# Work instructions:
Look below for the line holding "all_pairs l ((key, values)" and the line holding "else without_query l u". Repeat those two and everything between, exactly.

# Records for this exercise:
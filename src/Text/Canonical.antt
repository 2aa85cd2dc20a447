-- ===== src/Text/Canonical.antt =====
-- backend/internal/feed/normalize/normalize.go: CanonicalizeURL and extractGoogleNewsTarget. Texts are
-- lists of bytes; url.Parse, QueryEscape and the functions of strings on whole texts are the record
-- UrlLib.
use afghanistan_news.Base.{
  ℕ, zero, suc, String, Bool, not, ◌&&◌, ◌||◌, Option, none, some, List, [], ◌∷◌, ◌++◌, ◌==◌,
  select, any, if◌then◌else◌,
}
use afghanistan_news.Base.Text.{codes, is_prefix, contains}
use afghanistan_news.Query.Cursor.{Bytes}
use afghanistan_news.Api.Session.{bytes_eq}
use afghanistan_news.Text.UrlQuery.{parse_query}

-- A parsed URL: u.Host has the port, u.Hostname() has not.
pub record ParsedUrl : Type 0 where
  pub scheme : Bytes
  pub host : Bytes
  pub hostname : Bytes
  pub port : Bytes
  pub path : Bytes
  pub raw_query : Bytes

pub record UrlLib : Type 0 where
  pub parse : Bytes → Option ParsedUrl
  pub trim : Bytes → Bytes
  pub lower : Bytes → Bytes
  pub escape : Bytes → Bytes
  -- sort.Strings, on texts and on the keys of a query
  pub sort_texts : List Bytes → List Bytes
  pub sort_keys : List (Bytes × List Bytes) → List (Bytes × List Bytes)

unfoldable pub tracking_params : List String
tracking_params =
    "utm_source" ∷ "utm_medium" ∷ "utm_campaign" ∷ "utm_content" ∷ "utm_term" ∷ "utm_id"
    ∷ "utm_name" ∷ "utm_reader" ∷ "fbclid" ∷ "gclid" ∷ "gclsrc" ∷ "dclid" ∷ "msclkid" ∷ "mc_cid"
    ∷ "mc_eid" ∷ "igshid" ∷ "yclid" ∷ "_ga" ∷ "ref" ∷ "ref_src" ∷ "spm" ∷ "s_kwcid" ∷ []

unfoldable pub is_tracking : Bytes → Bool
unfolding tracking_params
is_tracking key = any (λ t. bytes_eq (codes t) key) tracking_params

-- strings.TrimPrefix
abbrev pub trim_prefix : Bytes → Bytes → Bytes
trim_prefix [] s = s
trim_prefix (p ∷ ps) [] = []
trim_prefix (p ∷ ps) (c ∷ s) =
    let rest = trim_prefix ps s in if is_prefix (p ∷ ps) (c ∷ s) then rest else c ∷ s

abbrev pub slash : ℕ
slash = 47

-- strings.ReplaceAll(path, "//", "/")
unfoldable pub single_slashes : Bytes → Bytes
single_slashes [] = []
single_slashes (c ∷ []) = c ∷ []
single_slashes (c ∷ (d ∷ s)) =
    let pair = c ∷ single_slashes s in
    let one = c ∷ single_slashes (d ∷ s) in if c == slash && d == slash then pair else one

-- strings.TrimSuffix(path, "/")
unfoldable pub trim_slash : Bytes → Bytes
trim_slash [] = []
trim_slash (c ∷ []) = if c == slash then [] else c ∷ []
trim_slash (c ∷ (d ∷ s)) = c ∷ trim_slash (d ∷ s)

unfoldable pub clean_path : Bytes → Bytes
unfolding single_slashes trim_slash
clean_path path =
    let single = single_slashes path in
    let trimmed = (if bytes_eq single (slash ∷ []) then single else trim_slash single) in
    elim trimmed [ [] ↦ slash ∷ [] | c ∷ s ↦ c ∷ s ]

unfoldable pub canonical_host : UrlLib → ParsedUrl → Bytes
canonical_host l u =
    let host = trim_prefix (codes "www.") (l.lower u.hostname) in
    let default_port =
      (bytes_eq u.scheme (codes "http") && bytes_eq u.port (codes "80"))
      || (bytes_eq u.scheme (codes "https") && bytes_eq u.port (codes "443")) in
    elim (u.port) [ [] ↦ host | c ∷ s ↦ if default_port then host else host ++ (58 ∷ (c ∷ s)) ]

-- key=value pairs, joined by &.
abbrev pub join_pairs : List Bytes → Bytes
join_pairs [] = []
join_pairs (p ∷ []) = p
join_pairs (p ∷ (q ∷ ps)) = p ++ (38 ∷ join_pairs (q ∷ ps))

unfoldable pub pairs_of : UrlLib → Bytes → List Bytes → List Bytes
pairs_of l key [] = []
pairs_of l key (v ∷ vs) = (l.escape key ++ (61 ∷ l.escape v)) ∷ pairs_of l key vs

unfoldable pub all_pairs : UrlLib → List (Bytes × List Bytes) → List Bytes
unfolding pairs_of
all_pairs l [] = []
all_pairs l ((key, values) ∷ rest) = pairs_of l key (l.sort_texts values) ++ all_pairs l rest

unfoldable pub clean_query : UrlLib → ParsedUrl → Bytes
unfolding all_pairs is_tracking parse_query
clean_query l u = join_pairs (
    all_pairs l (
      l.sort_keys (
        select (λ (p : Bytes × List Bytes). not (is_tracking (l.lower p.0)))
          (parse_query u.raw_query))))

unfoldable pub without_query : UrlLib → ParsedUrl → Bytes
unfolding canonical_host clean_path
without_query l u = codes "https://" ++ (canonical_host l u ++ clean_path u.path)

unfoldable pub canonical_form : UrlLib → ParsedUrl → Bytes
unfolding without_query clean_query
canonical_form l u = elim (clean_query l u) [
  | [] ↦ without_query l u
  | c ∷ q ↦ without_query l u ++ (63 ∷ (c ∷ q))
]

-- The query counts for the identity on some paths only.
unfoldable pub normalized_form : UrlLib → ParsedUrl → Bytes
unfolding canonical_form without_query
normalized_form l u =
    if contains (clean_path u.path) (codes "/story")
      || contains (clean_path u.path) (codes "/article")
    then canonical_form l u
    else without_query l u

-- q.Get(key): the empty text where there is no value.
unfoldable pub value_of : Bytes → List (Bytes × List Bytes) → Bytes
value_of key [] = []
value_of key ((k, vs) ∷ rest) =
    let later = value_of key rest in
    if bytes_eq k key then elim vs [ [] ↦ [] | v ∷ _ ↦ v ] else later

unfoldable pub google_target : ParsedUrl → Bytes
unfolding value_of parse_query
google_target u =
    if contains u.host (codes "news.google.com")
    then value_of (codes "url") (parse_query u.raw_query)
    else []

pub data Canonicalized : Type 0 where
  out_of_fuel url_error : Canonicalized
  forms : Bytes → Bytes → Canonicalized

abbrev pub is_web_scheme : Bytes → Bool
is_web_scheme s = bytes_eq s [] || bytes_eq s (codes "http") || bytes_eq s (codes "https")

-- The checks of a text before anything of it is used.
unfoldable pub checked : UrlLib → Bytes → Option ParsedUrl
checked l raw = elim (l.trim raw) [
  | [] ↦ none
  | c ∷ s ↦ elim (l.parse (c ∷ s)) [
    | none ↦ none
    | some u ↦ if is_web_scheme u.scheme && not (bytes_eq u.host []) then some u else none
  ]
]

unfoldable pub own_forms : UrlLib → ParsedUrl → Canonicalized
unfolding canonical_form normalized_form
own_forms l u = forms (normalized_form l u) (canonical_form l u)

-- The forms of a redirect's target, unless that is an error.
abbrev pub or_own : Canonicalized → Canonicalized → Canonicalized
or_own (forms n c) own = forms n c
or_own url_error own = own
or_own out_of_fuel own = out_of_fuel

-- CanonicalizeURL, with fuel for the redirects inside redirects.
unfoldable pub canonicalize : UrlLib → ℕ → Bytes → Canonicalized
unfolding checked google_target own_forms
canonicalize l zero raw = out_of_fuel
canonicalize l (suc fuel) raw = elim (checked l raw) [
  | none ↦ url_error
  | some u ↦ elim (google_target u) [
    | [] ↦ own_forms l u
    | c ∷ s ↦ or_own (canonicalize l fuel (c ∷ s)) (own_forms l u)
  ]
]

# Exercise answer:
all_pairs l ((key, values) ∷ rest) = pairs_of l key (l.sort_texts values) ++ all_pairs l rest

unfoldable pub clean_query : UrlLib → ParsedUrl → Bytes
unfolding all_pairs is_tracking parse_query
clean_query l u = join_pairs (
    all_pairs l (
      l.sort_keys (
        select (λ (p : Bytes × List Bytes). not (is_tracking (l.lower p.0)))
          (parse_query u.raw_query))))

unfoldable pub without_query : UrlLib → ParsedUrl → Bytes
unfolding canonical_host clean_path
without_query l u = codes "https://" ++ (canonical_host l u ++ clean_path u.path)

unfoldable pub canonical_form : UrlLib → ParsedUrl → Bytes
unfolding without_query clean_query
canonical_form l u = elim (clean_query l u) [
  | [] ↦ without_query l u
  | c ∷ q ↦ without_query l u ++ (63 ∷ (c ∷ q))
]

-- The query counts for the identity on some paths only.
unfoldable pub normalized_form : UrlLib → ParsedUrl → Bytes
unfolding canonical_form without_query
normalized_form l u =
    if contains (clean_path u.path) (codes "/story")
      || contains (clean_path u.path) (codes "/article")
    then canonical_form l u
    else without_query l u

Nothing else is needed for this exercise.